_Task_
Check every line of the data below for the word "arith". Copy the ones that have it.

_Task data_
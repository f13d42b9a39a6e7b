-- ===== src/Peer/Tiling.antt =====
-- The loops of requestPiece and cancelRequest, src/torrent/peer.cpp, against a list of the blocks of a piece.
pub mod Requests
use mathlib.Core.WellFounded.{Acc}
use ytorrent.Base.{
  ℕ, zero, suc, ◌+◌, ◌-◌, ◌*◌, ◌<◌, ◌≤◌, min, ◌≡◌, refl, ap, sym, ◌∙◌, List, [], ◌∷◌, dec_lt,
  dite-elim, arith, Outcome, done, thrown, undefined, ◌>>=◌,
}
use ytorrent.Base.Order.{lt_wf}
use ytorrent.Client.{Peer, max_block_request_size}
use ytorrent.Peer.Request.{chunk_loop, each_block, num_blocks, shrinks}

-- `n` blocks from the block `i` on, of a piece of `size` bytes: where each begins and how long it is.
unfoldable pub tiles : ℕ → ℕ → ℕ → List (ℕ × ℕ)
tiles i zero size = []
tiles i (suc n) size =
    (i * max_block_request_size, min max_block_request_size (size - i * max_block_request_size))
    ∷ tiles (suc i) n size

-- The blocks of a piece.
abbrev pub tiling : ℕ → List (ℕ × ℕ)
tiling size = tiles 0 (num_blocks size) size

unfoldable pub for_all : (ℕ → ℕ → Peer → Outcome Peer) → List (ℕ × ℕ) → Peer → Outcome Peer
for_all send [] x = done x
for_all send ((begin, size) ∷ rest) x = do y ← send begin size x; for_all send rest y

pub >>=-done : {A : Type 0} (m : Outcome A) → (m >>= done) ≡ m
>>=-done (done a) = refl
>>=-done (thrown e) = refl
>>=-done undefined = refl

>>=-cong :
    {A B : Type 0} (m : Outcome A) {f g : A → Outcome B}
    → ((a : A) → f a ≡ g a)
    → (m >>= f) ≡ (m >>= g)
>>=-cong (done a) h = h a
>>=-cong (thrown e) h = refl
>>=-cong undefined h = refl

num_blocks-more :
    (size : ℕ)
    → max_block_request_size < size
    → num_blocks size ≡ suc (num_blocks (size - max_block_request_size))
unfolding num_blocks
num_blocks-more size h = omega arith

num_blocks-last : (size : ℕ) → 0 < size → size ≤ max_block_request_size → num_blocks size ≡ 1
unfolding num_blocks
num_blocks-last size h k = omega arith

for_all-tiles_one :
    (send : ℕ → ℕ → Peer → Outcome Peer) (i size total : ℕ) (x : Peer)
    → total ≡ i * max_block_request_size + size
    → size ≤ max_block_request_size
    → for_all send (tiles i 1 total) x ≡ send (i * max_block_request_size) size x
unfolding for_all tiles
for_all-tiles_one send i size total x e h =
    >>=-done (
      send (i * max_block_request_size)
        (min max_block_request_size (total - i * max_block_request_size)) x)
    ∙ ap (λ n. send (i * max_block_request_size) n x)
        {x = min max_block_request_size (total - i * max_block_request_size)} {y = size}
        (omega arith)

for_all-tiles-suc :
    (send : ℕ → ℕ → Peer → Outcome Peer) (i n total : ℕ) (x : Peer)
    → i * max_block_request_size + max_block_request_size ≤ total
    → for_all send (tiles i (suc n) total) x ≡ (
        send (i * max_block_request_size) max_block_request_size x
        >>= for_all send (tiles (suc i) n total))
unfolding for_all tiles
for_all-tiles-suc send i n total x h =
    ap (λ k. send (i * max_block_request_size) k x >>= for_all send (tiles (suc i) n total))
      {x = min max_block_request_size (total - i * max_block_request_size)}
      {y = max_block_request_size} (omega arith)

chunk_loop-tiles :
    (send : ℕ → ℕ → Peer → Outcome Peer) (i begin size total : ℕ) (a : Acc ◌<◌ size) (x : Peer)
    → 0 < size
    → begin ≡ i * max_block_request_size
    → total ≡ begin + size
    → chunk_loop send begin size a x ≡ for_all send (tiles i (num_blocks size) total) x
unfolding chunk_loop dec_lt
chunk_loop-tiles send i begin size total (Acc.intro _ smaller) x h eb et =
    dite-elim (λ m. m ≡ for_all send (tiles i (num_blocks size) total) x)
      (dec_lt max_block_request_size size)
      (λ more.
        >>=-cong (send begin max_block_request_size x) (λ y.
          chunk_loop-tiles send (suc i) (begin + max_block_request_size)
            (size - max_block_request_size) total
            (smaller (size - max_block_request_size) (shrinks size more)) y (omega arith)
            (omega arith) (omega arith))
        ∙ ap
            (λ b.
              send b max_block_request_size x
              >>= for_all send (tiles (suc i) (num_blocks (size - max_block_request_size)) total))
            eb
        ∙ sym (
            for_all-tiles-suc send i (num_blocks (size - max_block_request_size)) total x
              (omega arith))
        ∙ ap (λ n. for_all send (tiles i n total) x) (sym (num_blocks-more size more)))
      (λ less.
        ap (λ b. send b size x) eb
        ∙ sym (for_all-tiles_one send i size total x (omega arith) (omega arith))
        ∙ ap (λ n. for_all send (tiles i n total) x) (sym (num_blocks-last size h (omega arith))))

-- The loop sends exactly the blocks of the piece, in order: block i begins at i * 16 KiB, and there are
-- as many as the queue has room for. A piece has a byte at least.
pub each_block-tiling :
    (send : ℕ → ℕ → Peer → Outcome Peer) (size : ℕ) (x : Peer)
    → 0 < size
    → each_block send size x ≡ for_all send (tiling size) x
unfolding each_block
each_block-tiling send size x h =
    chunk_loop-tiles send 0 0 size size (lt_wf.apply size) x h refl (omega arith)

_Result for this exercise_
  dite-elim, arith, Outcome, done, thrown, undefined, ◌>>=◌,
num_blocks-more size h = omega arith
num_blocks-last size h k = omega arith
        (omega arith)
      {y = max_block_request_size} (omega arith)
            (smaller (size - max_block_request_size) (shrinks size more)) y (omega arith)
            (omega arith) (omega arith))
              (omega arith))
        ∙ sym (for_all-tiles_one send i size total x (omega arith) (omega arith))
        ∙ ap (λ n. for_all send (tiles i n total) x) (sym (num_blocks-last size h (omega arith))))
    chunk_loop-tiles send 0 0 size size (lt_wf.apply size) x h refl (omega arith)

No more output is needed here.